Stored items
* * * * * * * * *

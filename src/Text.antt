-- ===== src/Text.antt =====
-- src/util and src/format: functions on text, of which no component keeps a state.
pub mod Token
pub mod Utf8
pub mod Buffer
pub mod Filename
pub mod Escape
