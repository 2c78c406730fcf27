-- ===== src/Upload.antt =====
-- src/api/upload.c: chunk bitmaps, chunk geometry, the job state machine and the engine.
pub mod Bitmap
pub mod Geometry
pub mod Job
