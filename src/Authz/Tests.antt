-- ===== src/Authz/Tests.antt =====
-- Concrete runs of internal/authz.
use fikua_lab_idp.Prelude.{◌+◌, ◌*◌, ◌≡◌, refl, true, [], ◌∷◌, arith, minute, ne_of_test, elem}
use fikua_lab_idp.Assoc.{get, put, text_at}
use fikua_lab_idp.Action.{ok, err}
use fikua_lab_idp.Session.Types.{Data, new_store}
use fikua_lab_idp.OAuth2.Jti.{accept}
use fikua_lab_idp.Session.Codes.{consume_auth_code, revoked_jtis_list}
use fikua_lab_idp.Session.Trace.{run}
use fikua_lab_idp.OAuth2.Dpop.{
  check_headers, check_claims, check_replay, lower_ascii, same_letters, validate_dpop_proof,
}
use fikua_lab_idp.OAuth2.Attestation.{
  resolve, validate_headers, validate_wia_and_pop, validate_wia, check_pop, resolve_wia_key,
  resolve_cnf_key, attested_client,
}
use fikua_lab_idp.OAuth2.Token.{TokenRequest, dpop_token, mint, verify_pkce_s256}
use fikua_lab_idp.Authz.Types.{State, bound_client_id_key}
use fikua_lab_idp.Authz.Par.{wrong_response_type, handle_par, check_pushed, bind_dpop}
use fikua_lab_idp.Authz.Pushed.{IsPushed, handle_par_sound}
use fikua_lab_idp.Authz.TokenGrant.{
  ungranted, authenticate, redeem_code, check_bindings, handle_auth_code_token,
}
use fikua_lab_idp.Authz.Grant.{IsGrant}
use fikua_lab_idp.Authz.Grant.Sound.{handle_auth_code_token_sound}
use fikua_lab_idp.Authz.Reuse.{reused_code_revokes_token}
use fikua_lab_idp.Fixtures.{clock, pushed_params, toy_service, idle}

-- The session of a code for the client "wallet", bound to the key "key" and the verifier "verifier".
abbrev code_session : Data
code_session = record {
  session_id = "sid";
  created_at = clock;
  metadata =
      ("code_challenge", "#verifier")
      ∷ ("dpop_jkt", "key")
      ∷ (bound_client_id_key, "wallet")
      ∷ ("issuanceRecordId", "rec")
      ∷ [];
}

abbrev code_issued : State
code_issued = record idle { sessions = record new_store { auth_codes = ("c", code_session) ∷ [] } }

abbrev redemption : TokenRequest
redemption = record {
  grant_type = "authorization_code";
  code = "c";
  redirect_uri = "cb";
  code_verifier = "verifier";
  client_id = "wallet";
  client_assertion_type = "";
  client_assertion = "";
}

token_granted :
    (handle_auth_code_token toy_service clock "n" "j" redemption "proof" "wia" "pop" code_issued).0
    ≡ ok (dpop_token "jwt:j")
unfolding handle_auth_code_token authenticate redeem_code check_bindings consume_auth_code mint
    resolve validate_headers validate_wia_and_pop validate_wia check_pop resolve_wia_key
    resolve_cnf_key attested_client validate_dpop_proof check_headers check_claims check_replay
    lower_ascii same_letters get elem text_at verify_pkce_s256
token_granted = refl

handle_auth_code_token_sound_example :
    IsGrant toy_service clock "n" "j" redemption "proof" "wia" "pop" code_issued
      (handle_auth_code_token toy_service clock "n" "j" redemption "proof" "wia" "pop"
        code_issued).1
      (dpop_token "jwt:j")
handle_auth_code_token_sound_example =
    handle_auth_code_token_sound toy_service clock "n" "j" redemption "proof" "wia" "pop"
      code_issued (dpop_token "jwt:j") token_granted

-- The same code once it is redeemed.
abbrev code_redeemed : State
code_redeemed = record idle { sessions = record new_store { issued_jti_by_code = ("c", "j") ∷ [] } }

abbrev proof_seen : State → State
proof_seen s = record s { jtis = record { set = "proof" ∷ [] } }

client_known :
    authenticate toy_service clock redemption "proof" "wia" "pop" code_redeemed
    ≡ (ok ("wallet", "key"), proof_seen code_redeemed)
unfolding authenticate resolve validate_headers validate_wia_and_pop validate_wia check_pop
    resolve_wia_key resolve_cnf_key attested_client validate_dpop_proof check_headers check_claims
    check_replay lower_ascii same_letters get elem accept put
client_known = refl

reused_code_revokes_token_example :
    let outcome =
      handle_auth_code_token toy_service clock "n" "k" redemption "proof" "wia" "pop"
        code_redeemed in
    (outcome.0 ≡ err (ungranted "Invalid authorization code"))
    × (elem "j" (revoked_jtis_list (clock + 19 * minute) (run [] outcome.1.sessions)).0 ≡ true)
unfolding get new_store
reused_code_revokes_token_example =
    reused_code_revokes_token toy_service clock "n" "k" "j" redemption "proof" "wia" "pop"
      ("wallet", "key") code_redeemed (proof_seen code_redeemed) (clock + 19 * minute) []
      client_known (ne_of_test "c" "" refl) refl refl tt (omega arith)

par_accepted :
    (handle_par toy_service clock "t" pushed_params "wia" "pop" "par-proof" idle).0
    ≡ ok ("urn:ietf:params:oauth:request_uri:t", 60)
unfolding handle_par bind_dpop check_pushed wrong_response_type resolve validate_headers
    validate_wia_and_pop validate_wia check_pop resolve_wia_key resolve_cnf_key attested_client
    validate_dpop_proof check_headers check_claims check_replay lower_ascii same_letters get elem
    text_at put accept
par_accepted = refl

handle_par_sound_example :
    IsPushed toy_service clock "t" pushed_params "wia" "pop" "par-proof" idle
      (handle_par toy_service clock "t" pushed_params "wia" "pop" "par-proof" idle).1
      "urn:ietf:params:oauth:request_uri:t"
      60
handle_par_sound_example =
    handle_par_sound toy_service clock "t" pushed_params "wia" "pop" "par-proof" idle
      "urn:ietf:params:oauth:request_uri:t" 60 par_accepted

* * * * * * * * *

## INSTRUCTIONS TO FOLLOW:
What you return should match every line above exactly.

## ANSWER:
filename src/Text.antt
-- ===== src/Text.antt =====
-- src/util and src/format: functions on text, of which no component keeps a state.
pub mod Token
pub mod Utf8
pub mod Buffer
pub mod Filename
pub mod Escape
repository 2c78c406730fcf27
-- ===== src/Upload.antt =====
-- src/api/upload.c: chunk bitmaps, chunk geometry, the job state machine and the engine.
pub mod Bitmap
pub mod Geometry
pub mod Job
filename src/Authz/Tests.antt
-- ===== src/Authz/Tests.antt =====
-- Concrete runs of internal/authz.
use fikua_lab_idp.Prelude.{◌+◌, ◌*◌, ◌≡◌, refl, true, [], ◌∷◌, arith, minute, ne_of_test, elem}
use fikua_lab_idp.Assoc.{get, put, text_at}
use fikua_lab_idp.Action.{ok, err}
use fikua_lab_idp.Session.Types.{Data, new_store}
use fikua_lab_idp.OAuth2.Jti.{accept}
use fikua_lab_idp.Session.Codes.{consume_auth_code, revoked_jtis_list}
use fikua_lab_idp.Session.Trace.{run}
use fikua_lab_idp.OAuth2.Dpop.{
  check_headers, check_claims, check_replay, lower_ascii, same_letters, validate_dpop_proof,
}
use fikua_lab_idp.OAuth2.Attestation.{
  resolve, validate_headers, validate_wia_and_pop, validate_wia, check_pop, resolve_wia_key,
  resolve_cnf_key, attested_client,
}
use fikua_lab_idp.OAuth2.Token.{TokenRequest, dpop_token, mint, verify_pkce_s256}
use fikua_lab_idp.Authz.Types.{State, bound_client_id_key}
use fikua_lab_idp.Authz.Par.{wrong_response_type, handle_par, check_pushed, bind_dpop}
use fikua_lab_idp.Authz.Pushed.{IsPushed, handle_par_sound}
use fikua_lab_idp.Authz.TokenGrant.{
  ungranted, authenticate, redeem_code, check_bindings, handle_auth_code_token,
}
use fikua_lab_idp.Authz.Grant.{IsGrant}
use fikua_lab_idp.Authz.Grant.Sound.{handle_auth_code_token_sound}
use fikua_lab_idp.Authz.Reuse.{reused_code_revokes_token}
use fikua_lab_idp.Fixtures.{clock, pushed_params, toy_service, idle}

-- The session of a code for the client "wallet", bound to the key "key" and the verifier "verifier".
abbrev code_session : Data
code_session = record {
  session_id = "sid";
  created_at = clock;
  metadata =
      ("code_challenge", "#verifier")
      ∷ ("dpop_jkt", "key")
      ∷ (bound_client_id_key, "wallet")
      ∷ ("issuanceRecordId", "rec")
      ∷ [];
}

abbrev code_issued : State
code_issued = record idle { sessions = record new_store { auth_codes = ("c", code_session) ∷ [] } }

abbrev redemption : TokenRequest
redemption = record {
  grant_type = "authorization_code";
  code = "c";
  redirect_uri = "cb";
  code_verifier = "verifier";
  client_id = "wallet";
  client_assertion_type = "";
  client_assertion = "";
}

token_granted :
    (handle_auth_code_token toy_service clock "n" "j" redemption "proof" "wia" "pop" code_issued).0
    ≡ ok (dpop_token "jwt:j")
unfolding handle_auth_code_token authenticate redeem_code check_bindings consume_auth_code mint
    resolve validate_headers validate_wia_and_pop validate_wia check_pop resolve_wia_key
    resolve_cnf_key attested_client validate_dpop_proof check_headers check_claims check_replay
    lower_ascii same_letters get elem text_at verify_pkce_s256
token_granted = refl

handle_auth_code_token_sound_example :
    IsGrant toy_service clock "n" "j" redemption "proof" "wia" "pop" code_issued
      (handle_auth_code_token toy_service clock "n" "j" redemption "proof" "wia" "pop"
        code_issued).1
      (dpop_token "jwt:j")
handle_auth_code_token_sound_example =
    handle_auth_code_token_sound toy_service clock "n" "j" redemption "proof" "wia" "pop"
      code_issued (dpop_token "jwt:j") token_granted

-- The same code once it is redeemed.
abbrev code_redeemed : State
code_redeemed = record idle { sessions = record new_store { issued_jti_by_code = ("c", "j") ∷ [] } }

abbrev proof_seen : State → State
proof_seen s = record s { jtis = record { set = "proof" ∷ [] } }

client_known :
    authenticate toy_service clock redemption "proof" "wia" "pop" code_redeemed
    ≡ (ok ("wallet", "key"), proof_seen code_redeemed)
unfolding authenticate resolve validate_headers validate_wia_and_pop validate_wia check_pop
    resolve_wia_key resolve_cnf_key attested_client validate_dpop_proof check_headers check_claims
    check_replay lower_ascii same_letters get elem accept put
client_known = refl

reused_code_revokes_token_example :
    let outcome =
      handle_auth_code_token toy_service clock "n" "k" redemption "proof" "wia" "pop"
        code_redeemed in
    (outcome.0 ≡ err (ungranted "Invalid authorization code"))
    × (elem "j" (revoked_jtis_list (clock + 19 * minute) (run [] outcome.1.sessions)).0 ≡ true)
unfolding get new_store
reused_code_revokes_token_example =
    reused_code_revokes_token toy_service clock "n" "k" "j" redemption "proof" "wia" "pop"
      ("wallet", "key") code_redeemed (proof_seen code_redeemed) (clock + 19 * minute) []
      client_known (ne_of_test "c" "" refl) refl refl tt (omega arith)

par_accepted :
    (handle_par toy_service clock "t" pushed_params "wia" "pop" "par-proof" idle).0
    ≡ ok ("urn:ietf:params:oauth:request_uri:t", 60)
unfolding handle_par bind_dpop check_pushed wrong_response_type resolve validate_headers
    validate_wia_and_pop validate_wia check_pop resolve_wia_key resolve_cnf_key attested_client
    validate_dpop_proof check_headers check_claims check_replay lower_ascii same_letters get elem
    text_at put accept
par_accepted = refl

handle_par_sound_example :
    IsPushed toy_service clock "t" pushed_params "wia" "pop" "par-proof" idle
      (handle_par toy_service clock "t" pushed_params "wia" "pop" "par-proof" idle).1
      "urn:ietf:params:oauth:request_uri:t"
      60
handle_par_sound_example =
    handle_par_sound toy_service clock "t" pushed_params "wia" "pop" "par-proof" idle
      "urn:ietf:params:oauth:request_uri:t" 60 par_accepted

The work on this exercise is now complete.